Know employee’s personal & professional goals.
The talented & driven employees you want on your team are actively pursuing development goals. Support your people by asking:
- Where do you see yourself in four years?
- What type of work energizes you?
- What do you like to learn?
- What training would be valuable to you?
Employees want to know that when they work hard to help the organization, their manager will care enough to help employees achieve their goals in return.
Provide a flexible working environment.
When employees are willing to do whatever it takes to help the organization be successful, they expect flexibility in return. It is now normal for people to bring work home, work on weekends, and respond to phone calls and emails after hours. Great employees also are thinking about work, devising new solutions, and looking up ideas during their off time. So when employees need a long lunch or early departure to run errands, or they want to attend a school function with their child, leaders need to be supportive & flexible.
Listen and consider employee’s opinions.
One of the best ways to communicate to employees that you care about them, their opinions, or their contributions to the team is to solicit and act on their thoughts & opinions. You hired your employees for their talents & problem-solving skills.

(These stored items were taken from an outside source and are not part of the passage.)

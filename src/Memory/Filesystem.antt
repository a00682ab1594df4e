-- ===== src/Memory/Filesystem.antt =====
-- `FilesystemMemoryBackend` of fmemory/src/backends/filesystem.rs. A poisoned lock is not modelled: no
-- method panics while it holds the lock.
pub mod Hex
pub mod Files
pub mod Saves
pub mod Collects
pub mod Stands
pub mod Held
pub mod Agrees
pub mod Branches
pub mod Refines
pub mod Losses
use fiddlesticks.Base.{
  String, Bool, true, false, Option, none, some, List, [], ◌∷◌, ◌++◌, map, if◌then◌else◌, ◌==◌,
  string_eq, concat, text_append, is_empty_text,
}
use fiddlesticks.Base.Map.{is_some}
use fiddlesticks.Exec.{
  collect_map, Result, ok, err, map_err, and_then, Exec, lift, pure, raise, ok_or, catch_into,
  ◌>>=◌, ◌>>◌,
}
use fiddlesticks.Common.{SessionId}
use fiddlesticks.Provider.Model.{Message}
use fiddlesticks.Memory.Error.{MemoryError, MemoryErrorKind, new}
use fiddlesticks.Memory.Types.{
  SessionManifest, FeatureRecord, ProgressEntry, RunCheckpoint, BootstrapState, default_bootstrap,
}
use fiddlesticks.Memory.Backend.{MemoryBackend}
use fiddlesticks.Memory.Persisted.{
  PersistedState, PersistedFeatureRecord, PersistedProgressEntry, PersistedRunCheckpoint,
  PersistedManifest, default_persisted,
}
use fiddlesticks.Memory.Persisted.Conversions.{
  from_feature_record, from_manifest, from_entry, from_checkpoint, from_message, into_message,
  into_bootstrap_state,
}
use Hex.{as_bytes, hex_encode}
use Files.{Disk, FilePath}

-- `serde_json` on the state of a session.
pub record Json (Bytes : Type 0) : Type 0 where
  pub to_vec_pretty : PersistedState → Result String Bytes
  pub from_slice : Bytes → Result String PersistedState

-- `MemoryError::storage(format!("...: {error}"))`
abbrev pub storage_error : String → String → MemoryError
storage_error what error = new MemoryErrorKind.storage (concat (what ∷ ": " ∷ error ∷ []))

-- `Path::join`, with the separator of Unix.
abbrev pub join_path : String → String → String
join_path root name = concat (root ∷ "/" ∷ name ∷ [])

-- `Path::with_extension`: a name that is only a dot and an extension counts as a name without one.
unfoldable pub with_extension : String → FilePath → FilePath
with_extension extension p =
    if is_empty_text p.stem
    then record p { stem = text_append "." p.extension; extension = extension }
    else record p { extension = extension }

-- `Path::parent`: a file stands in a directory.
abbrev pub parent : FilePath → Option String
parent p = some p.directory

unfoldable pub session_path : String → SessionId → FilePath
session_path root id = record {
  directory = join_path root "sessions";
  stem = hex_encode (as_bytes id);
  extension = "json";
}

-- `find(|f| f.id == feature_id)` and the assignment to the one found; `none` if none is.
unfoldable pub persisted_pass :
    String → Bool → List PersistedFeatureRecord → Option (List PersistedFeatureRecord)
persisted_pass feature_id passes [] = none
persisted_pass feature_id passes (f ∷ fs) =
    let rest = persisted_pass feature_id passes fs in
    if f.id == feature_id
    then some (record f { passes = passes } ∷ fs)
    else elim rest [ none ↦ none | some gs ↦ some (f ∷ gs) ]

-- `if let Some(x) = extra { xs.push(convert(x)?) }`
abbrev pub push_converted :
    {A B : Type 0} → (A → Result MemoryError B) → List B → Option A → Result MemoryError (List B)
push_converted convert xs none = ok xs
push_converted convert xs (some x) = and_then (convert x) (λ y. ok (xs ++ y ∷ []))

module _ {D Bytes : Type 0} (disk : Disk D Bytes) where
  -- `path.exists()` in a condition
  unfoldable pub when_exists :
      {A : Type 0} → FilePath → Exec D MemoryError A → Exec D MemoryError A → Exec D MemoryError A
  when_exists path m n d = if disk.exists path d then m d else n d

  -- `FilesystemMemoryBackend::new`; the backend is then its `root`.
  unfoldable pub new_backend : String → Exec D MemoryError String
  new_backend root = do
    catch_into (storage_error "failed to create filesystem backend root")
        (disk.create_dir_all (join_path root "sessions"))
    pure root

  unfoldable pub write_atomic : FilePath → Bytes → Exec D MemoryError (Unit {0})
  write_atomic path bytes = do
    directory ←
        ok_or (new MemoryErrorKind.storage "session state file missing parent directory")
          (parent path)
    catch_into (storage_error "failed to create parent directory") (disk.create_dir_all directory)
    let tmp = with_extension "json.tmp" path
    catch_into (storage_error "failed to write temporary state file") (disk.write tmp bytes)
    when_exists path
        (catch_into (storage_error "failed to replace existing state file") (disk.remove_file path))
        (pure tt)
    catch_into (storage_error "failed to finalize state file") (disk.rename tmp path)

module _ {D Bytes : Type 0} (disk : Disk D Bytes) (json : Json Bytes) (root : String) where
  unfoldable pub read_state : FilePath → Exec D MemoryError (Option PersistedState)
  read_state path = do
    bytes ← catch_into (storage_error "failed to read session state file") (disk.read path)
    state ←
        lift (map_err (storage_error "failed to deserialize session state") (json.from_slice bytes))
    pure (some state)

  unfoldable pub load_state : SessionId → Exec D MemoryError (Option PersistedState)
  load_state id =
      let path = session_path root id in when_exists disk path (read_state path) (pure none)

  unfoldable pub save_state : SessionId → PersistedState → Exec D MemoryError (Unit {0})
  save_state id state = do
    bytes ←
        lift
          (map_err (storage_error "failed to serialize session state") (json.to_vec_pretty state))
    write_atomic disk (session_path root id) bytes

  -- `load_state(id)?.unwrap_or_default()`
  abbrev pub or_default : Option PersistedState → PersistedState
  or_default none = default_persisted
  or_default (some s) = s

  unfoldable pub load_or_default : SessionId → Exec D MemoryError PersistedState
  load_or_default id = do s ← load_state id; pure (or_default s)

  abbrev pub has_manifest : Option PersistedState → Bool
  has_manifest none = false
  has_manifest (some s) = is_some s.manifest

  unfoldable pub is_initialized : SessionId → Exec D MemoryError Bool
  is_initialized id = do s ← load_state id; pure (has_manifest s)

  -- The session that was not there yet, and its save.
  unfoldable pub fill_state :
      SessionId
      → SessionManifest
      → List FeatureRecord
      → Option ProgressEntry
      → Option RunCheckpoint
      → PersistedState
      → Exec D MemoryError Bool
  fill_state id manifest features progress checkpoint s = do
    kept ← lift (from_manifest manifest)
    entries ← lift (push_converted from_entry s.recent_progress progress)
    checkpoints ← lift (push_converted from_checkpoint s.checkpoints checkpoint)
    save_state id (record s {
      manifest = some kept;
      feature_list = map from_feature_record features;
      recent_progress = entries;
      checkpoints = checkpoints;
    })
    pure true

  unfoldable pub initialize_session_if_missing :
      SessionId
      → SessionManifest
      → List FeatureRecord
      → Option ProgressEntry
      → Option RunCheckpoint
      → Exec D MemoryError Bool
  initialize_session_if_missing id manifest features progress checkpoint = do
    s ← load_or_default id
    let fill = fill_state id manifest features progress checkpoint s
    if is_some s.manifest then pure false else fill

  unfoldable pub bootstrap_or_default :
      SessionId → Option PersistedState → Result MemoryError BootstrapState
  bootstrap_or_default id none = ok default_bootstrap
  bootstrap_or_default id (some s) = into_bootstrap_state id s

  unfoldable pub load_bootstrap_state : SessionId → Exec D MemoryError BootstrapState
  load_bootstrap_state id = do s ← load_state id; lift (bootstrap_or_default id s)

  unfoldable pub save_manifest : SessionId → SessionManifest → Exec D MemoryError (Unit {0})
  save_manifest id manifest = do
    s ← load_or_default id
    kept ← lift (from_manifest manifest)
    save_state id (record s { manifest = some kept })

  unfoldable pub append_progress_entry : SessionId → ProgressEntry → Exec D MemoryError (Unit {0})
  append_progress_entry id entry = do
    s ← load_or_default id
    kept ← lift (from_entry entry)
    save_state id (record s { recent_progress = s.recent_progress ++ kept ∷ [] })

  unfoldable pub replace_feature_list :
      SessionId → List FeatureRecord → Exec D MemoryError (Unit {0})
  replace_feature_list id features = do
    s ← load_or_default id
    save_state id (record s { feature_list = map from_feature_record features })

  -- What is done with the search for the feature.
  unfoldable pub save_pass :
      SessionId
      → String
      → PersistedState
      → Option (List PersistedFeatureRecord)
      → Exec D MemoryError (Unit {0})
  save_pass id feature_id s none = raise (
      new MemoryErrorKind.not_found
        (text_append "feature '" (text_append feature_id "' not found")))
  save_pass id feature_id s (some features) = save_state id (record s { feature_list = features })

  unfoldable pub update_feature_pass : SessionId → String → Bool → Exec D MemoryError (Unit {0})
  update_feature_pass id feature_id passes = do
    s ← load_or_default id
    save_pass id feature_id s (persisted_pass feature_id passes s.feature_list)

  unfoldable pub record_run_checkpoint : SessionId → RunCheckpoint → Exec D MemoryError (Unit {0})
  record_run_checkpoint id checkpoint = do
    s ← load_or_default id
    kept ← lift (from_checkpoint checkpoint)
    save_state id (record s { checkpoints = s.checkpoints ++ kept ∷ [] })

  unfoldable pub messages_or_empty : Option PersistedState → Result MemoryError (List Message)
  messages_or_empty none = ok []
  messages_or_empty (some s) = collect_map into_message s.transcript

  unfoldable pub load_transcript_messages : SessionId → Exec D MemoryError (List Message)
  load_transcript_messages id = do s ← load_state id; lift (messages_or_empty s)

  unfoldable pub append_transcript_messages :
      SessionId → List Message → Exec D MemoryError (Unit {0})
  append_transcript_messages id messages = do
    s ← load_or_default id
    save_state id (record s { transcript = s.transcript ++ map from_message messages })

  abbrev pub filesystem_backend : MemoryBackend D
  filesystem_backend = record {
    is_initialized = is_initialized;
    initialize_session_if_missing = initialize_session_if_missing;
    load_bootstrap_state = load_bootstrap_state;
    save_manifest = save_manifest;
    append_progress_entry = append_progress_entry;
    replace_feature_list = replace_feature_list;
    update_feature_pass = update_feature_pass;
    record_run_checkpoint = record_run_checkpoint;
    load_transcript_messages = load_transcript_messages;
    append_transcript_messages = append_transcript_messages;
  }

Make sure you check in with them regularly asking for their opinion & perspective. When your employees know their perspectives are considered, they are energized and work harder to provide valuable input.
Spend more time leading and less time managing.
Give your employees opportunities to make decisions and direct their own time and work. Not every decision needs managerial approval. Letting your employees make decisions without running every single one by you clearly communicates that you trust them. People need to be able to take risks and make decisions to learn and grow.
Make time for quality performance reviews.
Your engaged employees are committed to meeting, and exceeding, performance standards. Employees contribute more than 2,000 hours of labor a year, and they want to make sure they are not wasting their time. Great managers help guide employees by making time to provide helpful & valuable performance feedback. Performance reviews should be ongoing, not just once-per-year.
Share information.
Employees need honest, complete, and timely information to successfully do their jobs and feel connected to their team & organization. We need good information delivered in a timely manner. We want to know what is going on within our organization and our industry. Keep people informed. No one wants to learn critical information from an email, a peer or through the gossip grapevine.
Encourage a culture of innovation.
Encourage employees to be innovative and support their desire to try new things, even if it doesn’t work out. If you’re not making mistakes, you’re not trying new things. Be supportive of mistakes. Without a culture where people can take pride in innovative failures and be motivated to get back up and try again, people stop trying at all.
Compensate fairly.
Compensation is last on this list for a reason. If your managers are missing the mark on the other behaviors, it doesn’t matter what you pay your employees; it won’t be enough. In fact, your employees are probably already thinking, “I don’t get paid enough to put up with this.”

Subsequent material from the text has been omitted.